Thursday, June 25, 2015

Setup for PyCon AU Tutorial

This is an attempt to provide attendees of PyCon AU 2015 with a guide to getting set up ahead of the tutorial. Getting set up in advance will assist greatly in getting the most of the tutorial. It will let attendees focus on the slides and the problem examples rather than on hurdling through an installation process.

What it's like installing software during a tutorial session
There will be USB keys on the day with the data sets and some of the software libraries included, in case the network breaks. However, things will go more smoothly on everyone if some of these hurdles can be cleared out the way in advance.

The Software You Will Need

  1. Python 3.4, with Numpy, Scipy, Scikit-Learn, Pandas, Xray, pillow -- install via anaconda
  2. Ipython Notebook, Matplotlib, Seaborn -- install via anaconda
  3. Theano, Keras -- install via pip
  4. Word2Vec (https://github.com/danielfrg/word2vec) -- avoid pip, install from source
  5. https://github.com/danieldiekmeier/memegenerator -- just drop in the notebook folder
  6. https://github.com/tweepy/tweepy -- install via pip
I recommend using Anaconda as it ships with prebuilt binaries for O/S dependencies, for a variety of platforms. It's possible to get this all working with pip and your O/S package manager. It should be fine to use Windows, but OSX or Linux are likely to be easier to use. Due to the use of Ipython Notebook as the primary environment, the choice of operating system is not likely to be a major limiting factor in this case.

I have only had success installing word2vec by cloning the repository and installing locally. I went with the old-school 'python setup.py install'. For whatever reason, what's in PyPI doesn't work for me.

I've noted the easiest path for installing each package in the list above.

The Data You Will Need 

  1. MNIST: https://github.com/tleeuwenburg/stml/blob/master/mnist/mnist.pkl.gz 
  2. Kaggle Otto competition data: https://www.kaggle.com/c/otto-group-product-classification-challenge
  3. "Text8": http://mattmahoney.net/dc/text8.zip
  4. For a stretch, try the larger data sets from http://mattmahoney.net/dc/textdata

An Overview of the Tutorial

The tutorial will include an introduction, a mini-installfest, and then three problem walkthroughs. There will be some general tips, plus time for discussion. 

Entree: Problem Walkthrough One: MNIST Digit Recognition

Compute Time: Around 3 to 5 minutes for a random forest approach

Digit recognition is most obviously used when decoding postcode numbers on envelopes. It's also relevant to general handwriting recognition, and also non-handwritten recognition such as OCR of scanned documents or license plate recognition.

Attendees will be able to run the supplied, worked solution on the spot. We'll step through the implementation stages to talk about how to apply similar solutions to other problems. If time is available, we will include alternative machine learning techniques and other data sets.

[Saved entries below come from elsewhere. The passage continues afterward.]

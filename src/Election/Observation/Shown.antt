-- ===== src/Election/Observation/Shown.antt =====
-- A version that the store has already shown (apis/election/lease_observation.go).
use datakit_operator.Common.{
  ℕ, ◌≡◌, refl, Option, none, some, true, false, not, ◌||◌, String, ◌==◌, arith, eq_iff, Bool-cases,
  inl, inr, ap, sym, ◌∙◌,
}
use datakit_operator.Common.Int.{ltz_irrefl}
use datakit_operator.Election.Lease.{Lease, epoch}
use datakit_operator.Election.Observation.{
  from_cache, from_store, LeaseObservation, LeaseObservations, is_held, is_superseded, is_version,
  left_of_term, remaining,
}
use datakit_operator.Election.Observation.Coherence.{observe_again, answer_value}
use datakit_operator.Election.Observation.Superseded.{observe_cache-in_store}

-- A look at the cache changes nothing of what the store has shown.
pub remaining_cache-in_store :
    (o : LeaseObservations) (lease : Option Lease) (t : ℕ) (name : String)
    → ((remaining o lease from_cache t).0 name).in_store ≡ (o name).in_store
unfolding remaining
remaining_cache-in_store o none t name = refl
remaining_cache-in_store o (some l) t name =
    elim (Bool-cases (not (is_held l) || is_superseded (o l.name).in_store l from_cache)) [
      | inl refused ↦ rw refused refl
      | inr answered ↦ rw answered (elim (Bool-cases (name == l.name)) [
        | inl here ↦ rw here (
            observe_cache-in_store (o l.name) l t
            ∙ ap (λ n. (o n).in_store) (sym ((eq_iff name l.name).0 here)))
        | inr elsewhere ↦ rw elsewhere refl
      ])
    ]

-- What the store's slot already records of this very version.
pub record IsShown (v : LeaseObservation) (l : Lease) : Type 0 where
  pub held : is_held l ≡ true
  pub version : is_version v l ≡ true
  pub same_epoch : v.epoch ≡ epoch (some l)

IsShown-fresh :
    (v : LeaseObservation) (l : Lease) → IsShown v l → is_superseded v l from_store ≡ false
unfolding is_superseded
IsShown-fresh v l h = ground (arith, h.same_epoch, ltz_irrefl (epoch (some l)))

-- Read again from the store, such a version has what is left of its term since it was first seen.
pub remaining-IsShown :
    (o : LeaseObservations) (l : Lease) (t : ℕ)
    → IsShown (o l.name).in_store l
    → (remaining o (some l) from_store t).1 ≡ left_of_term l (o l.name).in_store t
remaining-IsShown o l t h =
    rw
      (
        answer_value o l from_store t (h.held, IsShown-fresh _ l h),
        observe_again (o l.name) l from_store t h.version,
      )
      refl
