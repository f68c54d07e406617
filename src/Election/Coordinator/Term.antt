-- ===== src/Election/Coordinator/Term.antt =====
-- No takeover within a term (apis/election/coordinator.go).
use mathlib.Core.Path.{subst}
use datakit_operator.Common.{
  sym, zero, suc, ℕ, ◌+◌, ◌<◌, ◌≡◌, refl, Option, none, some, true, not, ◌&&◌, ◌||◌, String, ◌==◌,
  ltb, arith, Bool-cases, inl, inr, ◌⊎◌,
}
use datakit_operator.Election.Lease.{Lease, holder, max_cas_attempts}
use datakit_operator.Election.Observation.{from_cache, from_store, term, left_of_term}
use datakit_operator.Election.Observation.Shown.{
  remaining_cache-in_store, IsShown, remaining-IsShown,
}
use datakit_operator.Election.Metrics.{campaign, defeat, is_campaign}
use datakit_operator.Election.Cluster.{Reply, found, Cluster}
use datakit_operator.Election.Coordinator.{
  Result, Answer, replied, Coordinator, Request, result, look, Attempt, after_get, attempt,
  attempts, after_cache, cached, elect,
}
use datakit_operator.Election.Coordinator.Rounds.{Reads, present, missing}

module _ {W : Type 0} (env : Cluster W) where
  -- The request lost, with nothing written: the outside state is the given one.
  abbrev pub IsDefeat : Answer × Coordinator × W → W → Type 0
  IsDefeat out w = (r : Result) × (out.0 ≡ replied r) × (r.status ≡ defeat) × (out.2 ≡ w)

  look-in_store :
      (lease : Option Lease) (c : Coordinator) (w : W) (name : String)
      → ((look env lease from_cache c w).0.observations name).in_store
        ≡ (c.observations name).in_store
  unfolding look
  look-in_store lease c w name = remaining_cache-in_store c.observations lease (env.elapsed w) name

  look-IsShown :
      (l : Lease) (c : Coordinator) (w : W)
      → IsShown (c.observations l.name).in_store l
      → (look env (some l) from_store c w).1
        ≡ left_of_term l (c.observations l.name).in_store (env.elapsed w)
  unfolding look
  look-IsShown l c w h = remaining-IsShown c.observations l (env.elapsed w) h

  module _ (q : Request) (l : Lease) (w₁ : W) (op : q.operation ≡ campaign) where
    -- A campaign that reads such a version in the store before its term has passed.
    after_get-IsDefeat :
        (next : Option (Attempt env)) (c : Coordinator)
        → IsShown (c.observations l.name).in_store l
        → env.elapsed w₁ < term l + (c.observations l.name).in_store.observed_at
        → IsDefeat (after_get env next q (some l) c w₁) w₁
    unfolding after_get result
    after_get-IsDefeat next c shown early =
        let active : ltb 0 (look env (some l) from_store c w₁).1 ≡ true =
          ground (arith, look-IsShown l c w₁ shown) in
        (
          result defeat q.namespace q.id (some l) (ltb 0 (look env (some l) from_store c w₁).1),
          rw (op, active) refl,
          refl,
          rw (op, active) refl,
        )

    attempts-IsDefeat :
        (left : ℕ) (c : Coordinator) (w : W)
        → env.get q.name w ≡ (found l, w₁)
        → IsShown (c.observations l.name).in_store l
        → env.elapsed w₁ < term l + (c.observations l.name).in_store.observed_at
        → IsDefeat (attempts env left q c w) w₁
    unfolding attempts attempt
    attempts-IsDefeat zero c w read shown early = rw read (after_get-IsDefeat none c shown early)
    attempts-IsDefeat (suc left) c w read shown early =
        rw read (after_get-IsDefeat (some (attempts env left q)) c shown early)

    after_cache-IsDefeat :
        (lease : Option Lease) (c : Coordinator) (w : W)
        → env.get q.name w ≡ (found l, w₁)
        → IsShown (c.observations l.name).in_store l
        → env.elapsed w₁ < term l + (c.observations l.name).in_store.observed_at
        → IsDefeat (after_cache env q lease c w) w ⊎ IsDefeat (after_cache env q lease c w) w₁
    unfolding after_cache result
    after_cache-IsDefeat lease c w read shown early =
        let held =
          ltb 0 (look env lease from_cache c w).1
          && (is_campaign q.operation || not (holder lease == q.id)) in
        let same = look-in_store lease c w l.name in
        elim (Bool-cases held) [
          | inl beaten ↦
              inl (result defeat q.namespace q.id lease true, rw beaten refl, refl, rw beaten refl)
          | inr free ↦ inr (
              rw free (
                attempts-IsDefeat max_cas_attempts (look env lease from_cache c w).0 w read
                  (subst (λ v. IsShown v l) (sym same) shown)
                  (subst (λ v. env.elapsed w₁ < term l + v.observed_at) (sym same) early)))
        ]

    cached-IsDefeat :
        (c : Coordinator) (w : W) (out : Reply) (lease : Option Lease)
        → Reads out lease
        → env.get q.name w ≡ (found l, w₁)
        → IsShown (c.observations l.name).in_store l
        → env.elapsed w₁ < term l + (c.observations l.name).in_store.observed_at
        → IsDefeat (cached env q c w out) w ⊎ IsDefeat (cached env q c w out) w₁
    cached-IsDefeat c w out lease (present k) read shown early =
        after_cache-IsDefeat (some k) c w read shown early
    cached-IsDefeat c w out lease (missing e gone) read shown early =
        rw gone (after_cache-IsDefeat none c w read shown early)

  -- A campaign whose cache is ready and answers, that reads from the store a version which this
  -- operator has seen there before, and whose term has not passed on its clock since it first
  -- saw it, is defeated, and nothing is written.
  pub campaign_within_term :
      (q : Request) (c : Coordinator) (w w₁ : W) (l : Lease) (lease : Option Lease)
      → q.operation ≡ campaign
      → env.cache_ready w ≡ true
      → Reads (env.cache_get q.name w) lease
      → env.get q.name w ≡ (found l, w₁)
      → IsShown (c.observations l.name).in_store l
      → env.elapsed w₁ < term l + (c.observations l.name).in_store.observed_at
      → IsDefeat (elect env q c w) w ⊎ IsDefeat (elect env q c w) w₁
  unfolding elect
  campaign_within_term q c w w₁ l lease op ready cached_as read shown early =
      rw ready
        (cached-IsDefeat q l w₁ op c w (env.cache_get q.name w) lease cached_as read shown early)
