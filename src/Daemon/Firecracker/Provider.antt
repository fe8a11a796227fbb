-- ===== src/Daemon/Firecracker/Provider.antt =====
-- daemon/pkg/firecracker/impl.go: the provider with its index of microVMs.
use yaghan.Base.{
  Bool, true, false, not, ◌&&◌, List, [], ◌∷◌, Option, none, some, if◌then◌else◌, ltb, nat_beq,
  length,
}
use yaghan.Base.Text.{Text, text_eq}
use yaghan.Base.Dict.{insert, lookup, delete}
use yaghan.Base.Integer.{Integer, nonneg, negative}
use yaghan.Daemon.Egress.{LocalReference}
use yaghan.Daemon.Firecracker.System.{
  missing, unreadable, found, Machine, remove_vm_dir, kill_pid, terminate_pid, await_exit,
  close_vsock,
}
use yaghan.Daemon.Firecracker.Input.{
  invalid_id, reference_required, uds_path_required, attached, vm_not_found, corrupt, Created,
  created, failed, Vm, CreateInput, LoadInput, is_vm_id, Options, resolve_vsock_uds, vsock_endpoint,
}
use yaghan.Daemon.Firecracker.Staging.{prepare_boot, prepare_load}
use yaghan.Daemon.Firecracker.Launch.{boot_ready, load_ready, attach, launch}

module _ (m : Machine) (opts : Options) where
  open m use {World, entries, run}

  pub record Provider : Type 0 where
    pub vms : List (Text × Vm)
    pub world : World

  unfoldable pub index_insert : Vm → Provider → Provider
  index_insert vm p = record p { vms = insert vm.id vm p.vms }

  -- A call that has made or found a VM puts it into the index.
  unfoldable pub indexed : Provider → World × Created Vm → Provider × Created Vm
  unfolding index_insert
  indexed p (w, created vm) = (index_insert vm (record p { world = w }), created vm)
  indexed p (w, failed e) = (record p { world = w }, failed e)

  -- A VM that answers is reused; otherwise the boot runs in the world that the attempt has left.
  unfoldable pub attach_or : Text → (World → World × Created Vm) → Provider → Provider × Created Vm
  unfolding attach indexed
  attach_or id boot p =
      let r = attach m opts id p.world in
      elim r.1 [
        | attached vm ↦ indexed p (r.0, created vm)
        | vm_not_found ↦ indexed p (boot r.0)
        | corrupt ↦ indexed p (boot r.0)
      ]

  unfoldable pub boot : CreateInput → World → World × Created Vm
  unfolding launch prepare_boot boot_ready
  boot input =
      let endpoint = vsock_endpoint opts input in
      launch m opts input.id input.network true (prepare_boot m input) (boot_ready m opts input)
        endpoint.0 endpoint.1

  unfoldable pub load : LoadInput → LocalReference → World → World × Created Vm
  unfolding launch prepare_load load_ready
  load input ref =
      launch m opts input.id input.network false (prepare_load m input ref)
        (load_ready m opts input ref) (resolve_vsock_uds opts input.id input.vsock_uds_path)
        input.agent_vsock_port

  unfoldable pub create_microvm : CreateInput → Provider → Provider × Created Vm
  unfolding attach_or boot is_vm_id
  create_microvm input p =
      if is_vm_id input.id then attach_or input.id (boot input) p else (p, failed invalid_id)

  unfoldable pub load_snapshot : LoadInput → Provider → Provider × Created Vm
  unfolding attach_or load is_vm_id
  load_snapshot input p = elim input.local_reference [
    | none ↦ (p, failed reference_required)
    | some ref ↦
        if not (nat_beq input.agent_vsock_port 0) && nat_beq (length input.vsock_uds_path) 0
        then (p, failed uds_path_required)
        else if is_vm_id input.id
        then attach_or input.id (load input ref) p
        else (p, failed invalid_id)
  ]

  unfoldable pub get_microvm : Text → Provider → Option Vm
  get_microvm id p = lookup id p.vms

  abbrev is_process : Integer → Bool
  is_process (nonneg n) = ltb 0 n
  is_process (negative n) = false

  -- A process that does not end in time is killed. The result says whether the VM is gone.
  unfoldable pub destroy : Vm → World → World × Bool
  destroy vm w =
      let shut = (run vm.id close_vsock w).0 in
      let signalled = run vm.id (terminate_pid vm.pid) shut in
      let waited = run vm.id (await_exit vm.pid) signalled.0 in
      let killed = (run vm.id (kill_pid vm.pid) waited.0).0 in
      let exited = (run vm.id (await_exit vm.pid) killed).0 in
      let stopped = if waited.1 then waited.0 else exited in
      if is_process vm.pid
      then (if signalled.1 then run vm.id remove_vm_dir stopped else (signalled.0, false))
      else run vm.id remove_vm_dir shut

  -- `none` is ErrVMNotFound.
  unfoldable pub delete_microvm : Text → Provider → Provider × Option Bool
  unfolding destroy
  delete_microvm id p = elim (lookup id p.vms) [
    | none ↦ (p, none)
    | some vm ↦
        let r = destroy vm p.world in (record p { vms = delete id p.vms; world = r.0 }, some r.1)
  ]

  -- One directory entry of Recover.
  unfoldable pub recover_entry : Text → Bool → Provider → Provider
  unfolding attach index_insert is_vm_id
  recover_entry id is_dir p =
      let r = attach m opts id p.world in
      let here = record p { world = r.0 } in
      if is_dir && is_vm_id id
      then (elim r.1 [ attached vm ↦ index_insert vm here | vm_not_found ↦ here | corrupt ↦ here ])
      else p

  unfoldable pub recover_all : List (Text × Bool) → Provider → Provider
  unfolding recover_entry
  recover_all [] p = p
  recover_all ((id, is_dir) ∷ rest) p = recover_all rest (recover_entry id is_dir p)

  -- `false` is an error: the directory cannot be read.
  unfoldable pub recover : Provider → Provider × Bool
  unfolding recover_all
  recover p = elim (entries p.world) [
    | missing ↦ (p, true)
    | unreadable ↦ (p, false)
    | found names ↦ (recover_all names p, true)
  ]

Data for this problem will be available on USB.

Main: Otto Shopping Category Challenge

Compute time: 1 minute for random forest
Compute time: 7 minutes for deep learning
Data for this problem can be downloaded only through the Kaggle site due to the terms of use.

This is a real-world, commercial problem. The "Otto Group" sell stuff, and they put that stuff into eight classes for problem. Each thing they sell has 93 features. They sample data set has 200k individual products which have each been somehow scored against these 93 features. The problem definition is to go from 93 input numbers to a category id between 1 and 9.

{ 93 features } --> some kind of machine learning --> { number between 1 and 9 }

Dessert: A Twitter Memebot in Word2Vec

Compute Time: Word2Vec training of 4m + 2 mins meme generation

This is something fun based on Word2Vec. We'll scrape twitter for some text to process, then use Word2Vec to look at some of the word relationships in the timelines.

Visualisation, Plotting and Results Analysis

No data science tutorial would be complete without data visualisation and plotting of results. Rather than have a separate problem for this, we will include them in each problem. We will also be considering how to determine whether your model is 'good', and how to convince both yourself and your customers / managers of that fact!

Bring Your Own Data

If you have a data problem of your own, you can bring it along to the tutorial and work on that instead. As time allows, I'll endeavour to assist with any questions you might have about working with your own data. Alternatively, you can just come up to me during the conference and we can take a look! There's nothing more interesting that looking at data that inherently matters to you.

I hope to see you at the conference!!